En effet, la première cible visée par quelques hauts fonctionnaires de Bercy a de quoi inquiéter. Ils veulent diminuer de moitié l'avantage fiscal apporté au mécénat d'entreprise. D'après ADMICAL, l'association représentante des entreprises mécènes, ce secteur représenterait 2 milliards d'euros. Pas même une TVA sur la restauration, 1/30ème de la fraude fiscale... Même d'un ordre quantitatif, cette mesure n'avait rien de prioritaire, chers snipers fiscaux. Mais surtout, surtout, la décision de ces quelques têtes dites bien faites de Bercy relève du scandale dans la mesure où ils assimilent le mécénat d'entreprise à une niche fiscale. Or, le mécénat est régi par une loi du 1er août 2003 (dite loi Aillagon) stipulant que l'avantage fiscal accordé aux mécènes l'est dans la mesure où le don relève de l'intérêt général. C'est à dire, garde fou solide, que les bénéficiaires de ces dons soient en mesure d'apporter des rescrits fiscaux montrant qu'elles relèvent bien dudit intérêt général. Dans cette mesure comment continuer à parler de niche fiscal ? Sans doute trois crétins qui ont entendu qu'il y a 20 ou 30 ans, le mécénat était "la danseuse du président" et permettait à des chefs d'entreprise de verser dans l'abus de bien social. Un déni de réalité pur et simple dans la mesure où les dons d'entreprises vont aujourd'hui à des milliers de petites ou grosses associations, que les comités chargés des dons comportent souvent des personnalités qualifiés issus de ce secteur de la solidarité... Que ces entreprises aient des finalités internes et externes, de cohésion des équipes ou de communication, c'est entendu. Mais sont-elles fautives pour autant ?
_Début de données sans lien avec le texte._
-- ===== src/Durability/Invariant/Appends.antt =====
-- The chain and the heads behind the writes of `_append_locked`.
use aegis_framework_platform.Base.{
  String, ◌≡◌, refl, sym, ◌∙◌, ◌≢◌, some, List, [], ◌∷◌, arith, beq-eq_true, subst, Bool-cases, inl,
  inr, contains, string_eq, pair_eq, last_of, All, ◌||◌,
}
use aegis_framework_platform.Base.Dict.{Dict, get-put, get-put_self, get-put_ne}
use aegis_framework_platform.Runtime.{Runtime}
use aegis_framework_platform.Durability.{
  Durability, RunView, ApplicationEvent, EventDraft, tenant_events, aggregate_head, tenant_head,
}
use aegis_framework_platform.Durability.Append.{
  Batch, aggregate_key, any_recorded, event_ids_of, build_events, batch_events, commit_append,
}
use aegis_framework_platform.Durability.Verify.{scan_head, scan_start, scan_events, event_key}
use aegis_framework_platform.Durability.Chain.{
  advance_all, scan_events-append, scan_events-build_events, any_seen, advance_all-seen,
  add_ids-other, advance_all-tenant, advance_all-heads, build_events-IsOfBatch,
}
use aegis_framework_platform.Durability.Invariant.{IsLinked, IsAdmitted}

any_seen-eq-any_recorded :
    (tenant_id : String) (seen : List String) (recorded : List (String × String))
    → ((i : String) → contains i seen ≡ contains (tenant_id, i) recorded)
    → (ids : List String) → any_seen seen ids ≡ any_recorded tenant_id recorded ids
unfolding any_recorded
any_seen-eq-any_recorded tenant_id seen recorded h [] = refl
any_seen-eq-any_recorded tenant_id seen recorded h (i ∷ ids) =
    λ k. h i k || any_seen-eq-any_recorded tenant_id seen recorded h ids k

module _ (rt : Runtime) (b : Batch) (s : Durability) (admitted : IsAdmitted b s)
    (versions : All (λ (draft : EventDraft). draft.schema_version ≡ 1) b.drafts) where
  -- The batch is built behind the heads of the scan.
  batch_events-eq :
      (h : IsLinked rt b.tenant_id s)
      → batch_events rt b s
        ≡ build_events rt b.tenant_id b.aggregate_type b.aggregate_id
            (scan_head h.scan (b.aggregate_type, b.aggregate_id))
            h.scan.tenant
            b.drafts
  unfolding batch_events
  batch_events-eq h = λ i.
      build_events rt b.tenant_id b.aggregate_type b.aggregate_id (same_aggregate i)
        (sym h.same_tenant i) b.drafts
    where
      same_aggregate :
          record (aggregate_head s (aggregate_key b)) { sequence = b.expected_version }
          ≡ scan_head h.scan (b.aggregate_type, b.aggregate_id)
      same_aggregate =
          (λ i. record (aggregate_head s (aggregate_key b)) { sequence = sym admitted.version i })
          ∙ sym (h.same_heads (b.aggregate_type, b.aggregate_id))

  scanned_batch :
      (h : IsLinked rt b.tenant_id s)
      → scan_events rt h.scan (batch_events rt b s)
        ≡ some (advance_all h.scan (batch_events rt b s))
  scanned_batch h = rw (batch_events-eq h) (
      scan_events-build_events rt b.tenant_id b.aggregate_type b.aggregate_id b.drafts h.scan
        versions admitted.distinct
        (any_seen-eq-any_recorded b.tenant_id h.scan.seen s.event_ids h.same_seen
            (event_ids_of b.drafts)
          ∙ admitted.new))

  module _ (first : ApplicationEvent) (rest : List ApplicationEvent)
      (batch : batch_events rt b s ≡ first ∷ rest)
      (projected : Dict (String × String) RunView) where
    batch_keys :
        All
          (λ (event : ApplicationEvent). event_key event ≡ (b.aggregate_type, b.aggregate_id))
          (first ∷ rest)
    unfolding batch_events
    batch_keys = rw batch at (
        build_events-IsOfBatch rt b.tenant_id b.aggregate_type b.aggregate_id b.drafts
          (record (aggregate_head s (aggregate_key b)) { sequence = b.expected_version })
          (tenant_head s b.tenant_id))

    commit_same_tenant :
        IsLinked rt b.tenant_id s
        → IsLinked rt b.tenant_id (commit_append b (first ∷ rest) projected s).1
    unfolding commit_append
    commit_same_tenant h =
        let key : String × String = (b.aggregate_type, b.aggregate_id) in
        record {
          scan = advance_all h.scan (first ∷ rest);
          scanned = rw get-put_self (
              scan_events-append rt scan_start h.scan (tenant_events s b.tenant_id) (first ∷ rest)
                h.scanned
              ∙ (rw batch at (scanned_batch h)));
          same_tenant = rw get-put_self (advance_all-tenant h.scan first rest);
          same_heads = λ k. ground (
            arith,
            advance_all-heads key h.scan first rest batch_keys k,
            get-put {K = String × (String × String)} (b.tenant_id, key) (b.tenant_id, k)
                (record {
                  sequence = (last_of first rest).aggregate_sequence;
                  record_hash = (last_of first rest).record_hash;
                })
                s.aggregate_heads,
            string_eq.beq_iff b.tenant_id b.tenant_id,
            h.same_heads k,
          );
          same_seen = advance_all-seen b.tenant_id (first ∷ rest) h.scan s.event_ids h.same_seen;
        }

    commit_other_tenant :
        (other : String)
        → b.tenant_id ≢ other
        → IsLinked rt other s
        → IsLinked rt other (commit_append b (first ∷ rest) projected s).1
    unfolding commit_append
    commit_other_tenant other ne h = record {
      scan = h.scan;
      scanned = rw (get-put_ne b.tenant_id other _ s.events ne) h.scanned;
      same_tenant = rw (get-put_ne b.tenant_id other _ s.tenant_heads ne) h.same_tenant;
      same_heads = λ k. ground (
        arith,
        get-put {K = String × (String × String)} (aggregate_key b) (other, k)
            (record {
              sequence = (last_of first rest).aggregate_sequence;
              record_hash = (last_of first rest).record_hash;
            })
            s.aggregate_heads,
        string_eq.beq_iff b.tenant_id other,
        h.same_heads k,
      );
      same_seen = λ i.
          h.same_seen i ∙ sym (add_ids-other b.tenant_id (first ∷ rest) s.event_ids other i ne);
    }

    pub commit-IsLinked :
        ((t : String) → IsLinked rt t s)
        → (t : String) → IsLinked rt t (commit_append b (first ∷ rest) projected s).1
    commit-IsLinked h t = elim (Bool-cases (string_eq.beq b.tenant_id t)) [
      | inl same ↦
          subst (λ u. IsLinked rt u (commit_append b (first ∷ rest) projected s).1)
            (beq-eq_true ⦃e = string_eq⦄ b.tenant_id t same) (commit_same_tenant (h b.tenant_id))
      | inr other ↦
          commit_other_tenant t (λ e. cc (other, (string_eq.beq_iff b.tenant_id t).1 e)) (h t)
    ]
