-- ===== src/Durability/Projection.antt =====
-- `project_events`, the projection of an append, beside `reduce_run` over the events of a run.
use aegis_framework_platform.Base.{
  String, ◌≡◌, refl, ◌≢◌, not, Option, none, some, List, [], ◌∷◌, ◌++◌, arith, ◌==◌, if◌then◌else◌,
  string_eq, pair_eq, All, Result, ok, err, ◌>>=◌,
}
use aegis_framework_platform.Base.Dict.{Dict, get, put, get-put_self, put-put_self}
use aegis_framework_platform.Runtime.{Runtime}
use aegis_framework_platform.Durability.{ApplicationEvent, RunView}
use aegis_framework_platform.Durability.Reduce.{reduce_run, reduce_runs}
use aegis_framework_platform.Durability.Append.{newest, project_events}

-- Binds regroup, where the continuation is the two that follow.
>>=-assoc :
    {A B C : Type 0} (r : Result A) (f : A → Result B) (g : B → Result C) (k : A → Result C)
    → ((a : A) → k a ≡ (f a >>= g))
    → (r >>= k) ≡ ((r >>= f) >>= g)
>>=-assoc (ok a) f g k h = h a
>>=-assoc (err e) f g k h = refl

-- The projected entry of a batch, if there is one.
abbrev pub as_entry : String × String → Option RunView → Result (Dict (String × String) RunView)
as_entry key none = ok []
as_entry key (some view) = ok (put key view [])

-- Every event of the batch is of the run.
abbrev pub IsOfRun : String → String → ApplicationEvent → Type 0
IsOfRun tenant_id run_id event =
    (event.tenant_id ≡ tenant_id)
    × (event.aggregate_type ≡ "investigation")
    × (event.aggregate_id ≡ run_id)

module _ (rt : Runtime) where
  pub reduce_runs-append :
      (current : Option RunView) (xs ys : List ApplicationEvent)
      → reduce_runs rt current (xs ++ ys)
        ≡ (reduce_runs rt current xs >>= λ view. reduce_runs rt view ys)
  unfolding reduce_runs
  reduce_runs-append current [] ys = refl
  reduce_runs-append current (event ∷ xs) ys =
      >>=-assoc (reduce_run rt current event) (λ next. reduce_runs rt (some next) xs)
        (λ view. reduce_runs rt view ys) (λ next. reduce_runs rt (some next) (xs ++ ys))
        (λ next. reduce_runs-append (some next) xs ys)

  module _ (runs : Dict (String × String) RunView) (tenant_id run_id : String) where
    project_events-cons :
        (projected : Dict (String × String) RunView) (event : ApplicationEvent)
        (rest : List ApplicationEvent)
        → IsOfRun tenant_id run_id event
        → project_events rt runs projected (event ∷ rest) ≡ (
            reduce_run rt (newest (tenant_id, run_id) projected runs) event >>= λ view.
            project_events rt runs (put (tenant_id, run_id) view projected) rest)
    unfolding project_events
    project_events-cons projected event rest h = λ i.
        if not (h.1 i == "investigation")
        then project_events rt runs projected rest
        else (reduce_run rt (newest (h.0 i, h.2 i) projected runs) event >>= λ view.
            project_events rt runs (put (h.0 i, h.2 i) view projected) rest)

    newest-put :
        (view : RunView)
        → newest (tenant_id, run_id) (put (tenant_id, run_id) view []) runs ≡ some view
    unfolding newest
    newest-put view =
        let key : String × String = (tenant_id, run_id) in rw (get-put_self key view [], newest)

    project_events-single :
        (events : List ApplicationEvent) (view : RunView)
        → All (IsOfRun tenant_id run_id) events
        → project_events rt runs (put (tenant_id, run_id) view []) events
          ≡ (reduce_runs rt (some view) events >>= as_entry (tenant_id, run_id))
    unfolding reduce_runs
    project_events-single [] view h = unfold project_events in refl
    project_events-single (event ∷ rest) view h =
        rw (project_events-cons (put (tenant_id, run_id) view []) event rest h.0, newest-put)
          (>>=-assoc (reduce_run rt (some view) event) (λ next. reduce_runs rt (some next) rest)
            (as_entry (tenant_id, run_id))
            (λ next.
              project_events rt runs
                (put (tenant_id, run_id) next (put (tenant_id, run_id) view [])) rest)
            (λ next. rw put-put_self (project_events-single rest next h.1)))

    -- The batch's projection is the reduction of its events over the stored one.
    pub project_events-run :
        (event : ApplicationEvent) (rest : List ApplicationEvent)
        → All (IsOfRun tenant_id run_id) (event ∷ rest)
        → project_events rt runs [] (event ∷ rest) ≡ (
            reduce_runs rt (get (tenant_id, run_id) runs) (event ∷ rest)
            >>= as_entry (tenant_id, run_id))
    unfolding reduce_runs newest get
    project_events-run event rest h = rw (project_events-cons [] event rest h.0) (
        >>=-assoc (reduce_run rt (get (tenant_id, run_id) runs) event)
          (λ next. reduce_runs rt (some next) rest) (as_entry (tenant_id, run_id))
          (λ next. project_events rt runs (put (tenant_id, run_id) next []) rest)
          (λ next. project_events-single rest next h.1))

  -- Of another aggregate nothing is projected.
  pub project_events-other :
      (runs projected : Dict (String × String) RunView) (events : List ApplicationEvent)
      → All (λ (event : ApplicationEvent). event.aggregate_type ≢ "investigation") events
      → project_events rt runs projected events ≡ ok projected
  unfolding project_events
  project_events-other runs projected [] h = refl
  project_events-other runs projected (event ∷ rest) h = ground (
    arith,
    string_eq.beq_iff event.aggregate_type "investigation",
    project_events-other runs projected rest h.1,
  )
Au-delà de l'erreur politique manifeste, cette décision choque dans la mesure où elle illustre tristement la déconnexion du politique avec la société. Comment peut on assimiler ces mesures salutaires à une niche fiscale. Si cette cartouche part, les dégâts seront pour les finances publiques : les deniers qui n'iront pas à la Croix Rouge, aux épiceries solidaires, aux associations d'insertions, au tutorat d'élèves méritants, aux personnes âgées et handicapées, au soutien d'associations luttant contre l'illétrisme, on les oublie ? Evidemment que non, un Etat comme la France ne peut laisser ce tissu mourir et devra payer lui même ce qui pour l'heure est pris en charge par des acteurs privés, ce qui permet de tisser des liens au delà du chèque. Détruire cela relève d'une intelligence plus que discrète... Espérons que l'infatué à la tête de Bercy ait un éclair de lucidité...
PS: la photo en miniature est du Castor, c'est une oeuvre d'art aperçue au musée de la Reina Sofia, non loin de Guernica... Le rapprochement des deux m'avait clairement décroché un sourire.